◆ Data listing:
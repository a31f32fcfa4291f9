-- ===== src/Payment/Tables.antt =====
-- The tables that the payment services share (apps/api/db/models.py), with the audit log.
use pactra.Base.{ℕ, ◌≡◌, refl, ◌∙◌, Text, Bool, Option, none, some, List, ◌==◌, update_where}
use pactra.Domain.{MissionState}
use pactra.Kernel.Authorization.Rows.{Store}
use pactra.Payment.Rows.{PaymentIntentRow, OutboxEventRow}
use pactra.Payment.Webhooks.Events.{WebhookEventRow}

-- The columns of a mission that the payment services read and write.
pub record MissionRow : Type 0 where
  pub id : Text
  pub state : MissionState

-- `next_uuid` is the next result of `uuid4`.
pub record Tables : Type 0 where
  pub store : Store
  pub missions : List MissionRow
  pub intents : List PaymentIntentRow
  pub outbox : List OutboxEventRow
  pub webhook_events : List WebhookEventRow
  pub next_uuid : ℕ

abbrev pub is_intent : Text → PaymentIntentRow → Bool
is_intent id row = row.id == id

abbrev pub is_mission : Text → MissionRow → Bool
is_mission id row = row.id == id

abbrev pub state_of : Option MissionRow → Option MissionState
state_of none = none
state_of (some mission) = some mission.state

-- `mission.state = state`
abbrev pub set_mission : Text → Option MissionState → List MissionRow → List MissionRow
set_mission id none missions = missions
set_mission id (some state) missions =
    update_where (is_mission id) (λ m. record m { state = state }) missions

-- The rows of payments, missions, authorizations and events are as they were.
pub record Untouched (t u : Tables) : Type 0 where
  pub intents : u.intents ≡ t.intents
  pub missions : u.missions ≡ t.missions
  pub outbox : u.outbox ≡ t.outbox
  pub webhook_events : u.webhook_events ≡ t.webhook_events
  pub authorizations : u.store.authorizations ≡ t.store.authorizations

pub Untouched-refl : (t : Tables) → Untouched t t
Untouched-refl t = record {
  intents = refl;
  missions = refl;
  outbox = refl;
  webhook_events = refl;
  authorizations = refl;
}

pub Untouched-trans : (t u v : Tables) → Untouched t u → Untouched u v → Untouched t v
Untouched-trans t u v p q = record {
  intents = q.intents ∙ p.intents;
  missions = q.missions ∙ p.missions;
  outbox = q.outbox ∙ p.outbox;
  webhook_events = q.webhook_events ∙ p.webhook_events;
  authorizations = q.authorizations ∙ p.authorizations;
}
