-- ===== src/Payment/Intents/Create.antt =====
-- `create_payment_intent` (services/payment_executor/intents.py) and `request_fingerprint`
-- (packages/schemas/payment.py). What other transactions commit between the first reads and the
-- insert is the argument `others`.
use pactra.Base.{
  ⊤, Text, Moment, ◌+◌, Bool, true, false, not, ◌&&◌, ◌||◌, Option, none, some, List, [], ◌∷◌, ◌++◌,
  ◌==◌, String, is_none, is_some, find, update_where, if◌then◌else◌,
}
use pactra.Domain.{Failure, ReasonCode, MissionState, EventType, Payload, Value}
use pactra.Action.{
  Result, ok, raised, Action, pure, raise, gets, or_raise, modify, raise_if, when, ◌>>=◌, ◌>>◌,
}
use pactra.Mission
use pactra.Kernel.Capability.{CapabilitySet, Capability, enforce_registered}
use pactra.Kernel.Transaction.{Crypto, CanonicalValue, BoundTransaction, canonical_digest}
use pactra.Kernel.Authorization.Rows.{
  AuthorizationRow, AuthorizationStatus, active, consumed, Store, has_id,
}
use pactra.Kernel.Authorization.Proof.{verify_authorization_for_payment}
use pactra.Kernel.Authorization.Lifecycle.{consume_authorization}
use pactra.Payment.State.{created, queued, state_word, assert_payment_transition}
use pactra.Payment.Rows.{PaymentIntentRow, OutboxEventType}
use pactra.Payment.Outbox.{new_event, default_max_attempts}
use pactra.Payment.Tables.{MissionRow, Tables, is_intent, is_mission}

-- `PAYMENT_REQUEST_FINGERPRINT_DOMAIN = "pactra-payment-request-v1"`
abbrev pub fingerprint_domain : String
fingerprint_domain = "pactra-payment-request-v1"

unfoldable pub request_fingerprint : Crypto → Text → Text → Text → BoundTransaction → Text → Text
unfolding canonical_digest
request_fingerprint c mission_id authorization_id transaction_digest tx provider =
    canonical_digest c fingerprint_domain (
      ("mission_id", CanonicalValue.s mission_id)
      ∷ ("authorization_id", CanonicalValue.s authorization_id)
      ∷ ("transaction_digest", CanonicalValue.s transaction_digest)
      ∷ ("amount_inr", CanonicalValue.i tx.amount_inr)
      ∷ ("currency", CanonicalValue.s tx.currency)
      ∷ ("merchant_id", CanonicalValue.s tx.merchant_id)
      ∷ ("provider", CanonicalValue.s provider)
      ∷ [])

pub record PaymentIntentResult : Type 0 where
  pub intent : PaymentIntentRow
  pub created : Bool

-- A call of the security kernel inside the transaction.
unfoldable pub in_kernel : {A : Type 0} → Action Store A → Action Tables A
in_kernel m t = let (r, s) = m t.store in (r, record t { store = s })

unfoldable pub append_event : Text → EventType → Payload → Action Tables ⊤
unfolding ◌>>=◌
append_event mission_id event_type payload = modify λ t. record t {
  store = record t.store {
    audit =
        t.store.audit
        ++ record {
          mission_id = mission_id;
          event_type = event_type;
          actor = "payment-executor";
          payload = payload;
        }
          ∷ [];
  };
}

-- `uq_payment_intents_idempotency_key` and `uq_payment_intents_authorization_id`
abbrev pub has_key : Text → PaymentIntentRow → Bool
has_key idempotency_key row = row.idempotency_key == idempotency_key

abbrev pub pays_for : Text → PaymentIntentRow → Bool
pays_for authorization_id row = row.authorization_id == authorization_id

-- `find_by_idempotency_key`
unfoldable pub find_by_idempotency_key : Text → Action Tables (Option PaymentIntentRow)
unfolding ◌>>=◌
find_by_idempotency_key key = gets (λ t. find (has_key key) t.intents)

-- `_resolve_existing`
unfoldable pub resolve_existing :
    Crypto → PaymentIntentRow → Text → Text → Action Tables PaymentIntentResult
resolve_existing c existing fingerprint idempotency_key =
    if existing.request_fingerprint == fingerprint
    then (do
      append_event existing.mission_id EventType.payment_intent_reused (
          ("payment_intent_id", Value.text existing.id)
          ∷ ("idempotency_key", Value.text idempotency_key)
          ∷ ("state", Value.word (state_word existing.state))
          ∷ ("authorization_consumed", Value.flag false)
          ∷ [])
      pure (record { intent = existing; created = false }))
    else (do
      append_event existing.mission_id EventType.idempotency_conflict (
          ("reason_code", Value.reason ReasonCode.idempotency_conflict)
          ∷ ("idempotency_key", Value.text idempotency_key)
          ∷ ("existing_payment_intent_id", Value.text existing.id)
          ∷ ("existing_fingerprint_prefix", Value.prefix existing.request_fingerprint)
          ∷ ("presented_fingerprint_prefix", Value.prefix fingerprint)
          ∷ [])
      raise Failure.idempotency_conflict)

-- The row of a new intent.
abbrev pub new_intent :
    Text → AuthorizationRow → Text → Text → Text → BoundTransaction → PaymentIntentRow
new_intent id authorization idempotency_key fingerprint provider tx = record {
  id = id;
  mission_id = authorization.mission_id;
  authorization_id = authorization.authorization_id;
  transaction_digest = authorization.transaction_digest;
  idempotency_key = idempotency_key;
  request_fingerprint = fingerprint;
  amount_inr = tx.amount_inr;
  currency = tx.currency;
  merchant_id = tx.merchant_id;
  provider = provider;
  provider_payment_id = none;
  provider_order_id = none;
  provider_transaction_id = none;
  provider_receipt = none;
  provider_status = none;
  provider_attempts = none;
  provider_create_fenced_at = none;
  provider_ambiguity_observed_at = none;
  state = created;
  attempts = 0;
  last_reason_code = none;
}

-- Whether a unique index refuses the row.
abbrev pub collides : PaymentIntentRow → List PaymentIntentRow → Bool
collides row rows =
    is_some (find (has_key row.idempotency_key) rows)
    || is_some (find (pays_for row.authorization_id) rows)

-- `session.add(intent); await session.flush()`
unfoldable pub insert_intent : PaymentIntentRow → Action Tables ⊤
insert_intent row = do
  collision ← gets (λ t. collides row t.intents)
  raise_if collision Failure.integrity_error
  modify (λ t. record t { intents = row ∷ t.intents })

-- `intent.state = QUEUED`, written at the next flush.
unfoldable pub queue_intent : Text → Action Tables ⊤
unfolding ◌>>=◌
queue_intent id = do
  assert_payment_transition created queued
  modify (λ t. record t {
    intents = update_where (is_intent id) (λ i. record i { state = queued }) t.intents;
  })

unfoldable pub enqueue_create : PaymentIntentRow → Moment → Action Tables ⊤
unfolding ◌>>=◌ new_event
enqueue_create intent now = modify λ t. record t {
  outbox =
      t.outbox
      ++ new_event t.next_uuid intent.id OutboxEventType.payment_create_requested
          (("idempotency_key", Value.text intent.idempotency_key) ∷ []) now default_max_attempts now
        ∷ [];
  next_uuid = t.next_uuid + 1;
}

abbrev pub paying : MissionRow → MissionRow
paying mission = record mission { state = MissionState.payment_pending }

unfoldable pub start_payment : MissionRow → Action Tables ⊤
unfolding ◌>>=◌ Mission.can_transition
start_payment mission =
    when (Mission.can_transition mission.state MissionState.payment_pending)
      (modify (λ t. record t { missions = update_where (is_mission mission.id) paying t.missions }))

-- The state of the new intent, its audit events, its outbox event and the mission.
unfoldable pub announce :
    PaymentIntentRow → BoundTransaction → MissionRow → Moment → Action Tables ⊤
announce intent tx mission now = do
  queue_intent intent.id
  append_event intent.mission_id EventType.payment_intent_created (
      ("payment_intent_id", Value.text intent.id)
      ∷ ("authorization_id", Value.text intent.authorization_id)
      ∷ ("idempotency_key", Value.text intent.idempotency_key)
      ∷ ("transaction_digest_prefix", Value.prefix intent.transaction_digest)
      ∷ ("amount_inr", Value.number tx.amount_inr)
      ∷ ("currency", Value.text tx.currency)
      ∷ ("merchant_id", Value.text tx.merchant_id)
      ∷ ("provider", Value.text intent.provider)
      ∷ [])
  append_event intent.mission_id EventType.payment_queued
      (("payment_intent_id", Value.text intent.id) ∷ ("state", Value.word (state_word queued)) ∷ [])
  enqueue_create intent now
  start_payment mission

-- What happens inside the savepoint.
unfoldable pub place_intent :
    Crypto → PaymentIntentRow → BoundTransaction → MissionRow → Moment → Action Tables ⊤
place_intent c intent tx mission now = do
  insert_intent intent
  in_kernel (consume_authorization c intent.authorization_id tx now)
  announce intent tx mission now

-- `async with session.begin_nested()` under `except IntegrityError`: an exception rolls the tables
-- back, and a violated index is then `none`. The identifiers that were drawn stay drawn.
rolled_back : Tables → Tables → Tables
rolled_back before after = record before { next_uuid = after.next_uuid }

unfoldable pub end_savepoint :
    {A : Type 0} → Result A → Tables → Tables → Result (Option A) × Tables
unfolding rolled_back
end_savepoint (ok a) before after = (ok (some a), after)
end_savepoint (raised Failure.integrity_error) before after = (ok none, rolled_back before after)
end_savepoint (raised other) before after = (raised other, rolled_back before after)

unfoldable pub savepoint : {A : Type 0} → Action Tables A → Action Tables (Option A)
savepoint m t = let (r, t') = m t in end_savepoint r t t'

unfoldable pub fresh : Action Tables Text
unfolding ◌>>=◌
fresh = do
  id ← gets (λ t. t.next_uuid)
  modify (λ t. record t { next_uuid = t.next_uuid + 1 })
  pure id

-- The end of a request: the intent is in the table, or another request won its index.
unfoldable pub conclude : Crypto → PaymentIntentRow → Option ⊤ → Action Tables PaymentIntentResult
conclude c intent (some _) =
    pure (record { intent = record intent { state = queued }; created = true })
conclude c intent none = do
  found ← find_by_idempotency_key intent.idempotency_key
  winner ← or_raise found Failure.integrity_error
  resolve_existing c winner intent.request_fingerprint intent.idempotency_key

unfoldable pub place_or_resolve :
    Crypto
    → (Tables → Tables)
    → (Text → PaymentIntentRow)
    → BoundTransaction
    → MissionRow
    → Moment
    → Action Tables PaymentIntentResult
place_or_resolve c others row tx mission now = do
  id ← fresh
  modify others
  placed ← savepoint (place_intent c (row id) tx mission now)
  conclude c (row id) placed

-- The status that the authorization must have.
abbrev pub expected_status : Option PaymentIntentRow → Text → AuthorizationStatus
expected_status none authorization_id = active
expected_status (some existing) authorization_id =
    if existing.authorization_id == authorization_id then consumed else active

unfoldable pub resolve_or_place :
    Crypto
    → (Tables → Tables)
    → AuthorizationRow
    → Text
    → Text
    → BoundTransaction
    → MissionRow
    → Moment
    → Option PaymentIntentRow
    → Action Tables PaymentIntentResult
unfolding request_fingerprint
resolve_or_place c others authorization key provider tx mission now existing =
    let fingerprint =
      request_fingerprint c authorization.mission_id authorization.authorization_id
        authorization.transaction_digest tx provider in
    elim existing [
      | some held ↦ resolve_existing c held fingerprint key
      | none ↦
          place_or_resolve c others (λ id. new_intent id authorization key fingerprint provider tx)
            tx mission now
    ]

-- What the request finds before it writes anything.
pub record Examined : Type 0 where
  pub authorization : AuthorizationRow
  pub existing : Option PaymentIntentRow
  pub mission : MissionRow
  pub transaction : BoundTransaction

unfoldable pub examine :
    Crypto → CapabilitySet → Text → Text → Text → Moment → Action Tables Examined
examine c capabilities mission_id authorization_id key now = do
  enforce_registered capabilities Capability.payment_execute
  held ← gets (λ t. find (has_id authorization_id) t.store.authorizations)
  authorization ← or_raise held Failure.not_found
  raise_if (not (authorization.mission_id == mission_id)) Failure.request_rejected
  existing ← find_by_idempotency_key key
  found ← gets (λ t. find (is_mission mission_id) t.missions)
  mission ← or_raise found Failure.request_rejected
  raise_if
      (is_none existing
        && not (Mission.index mission.state == Mission.index MissionState.authorized))
      Failure.mission_not_authorized
  tx ← in_kernel (
      verify_authorization_for_payment c authorization (expected_status existing authorization_id)
        now)
  pure (record {
    authorization = authorization;
    existing = existing;
    mission = mission;
    transaction = tx;
  })

unfoldable pub create_payment_intent :
    Crypto
    → CapabilitySet
    → (Tables → Tables)
    → Text
    → Text
    → Text
    → Text
    → Moment
    → Action Tables PaymentIntentResult
create_payment_intent c capabilities others mission_id authorization_id key provider now = do
  x ← examine c capabilities mission_id authorization_id key now
  resolve_or_place c others x.authorization key provider x.transaction x.mission now x.existing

◆ Work to be completed: The entries above hold a line with "missions = q.missions ∙ p.missions;" and a later line with "-- ===== src/Payment/Intents/Create.antt". Write out exactly those lines and all lines between, nothing more.

◆ Solution to this task:
  missions = q.missions ∙ p.missions;
  outbox = q.outbox ∙ p.outbox;
  webhook_events = q.webhook_events ∙ p.webhook_events;
  authorizations = q.authorizations ∙ p.authorizations;
}
-- ===== src/Payment/Intents/Create.antt =====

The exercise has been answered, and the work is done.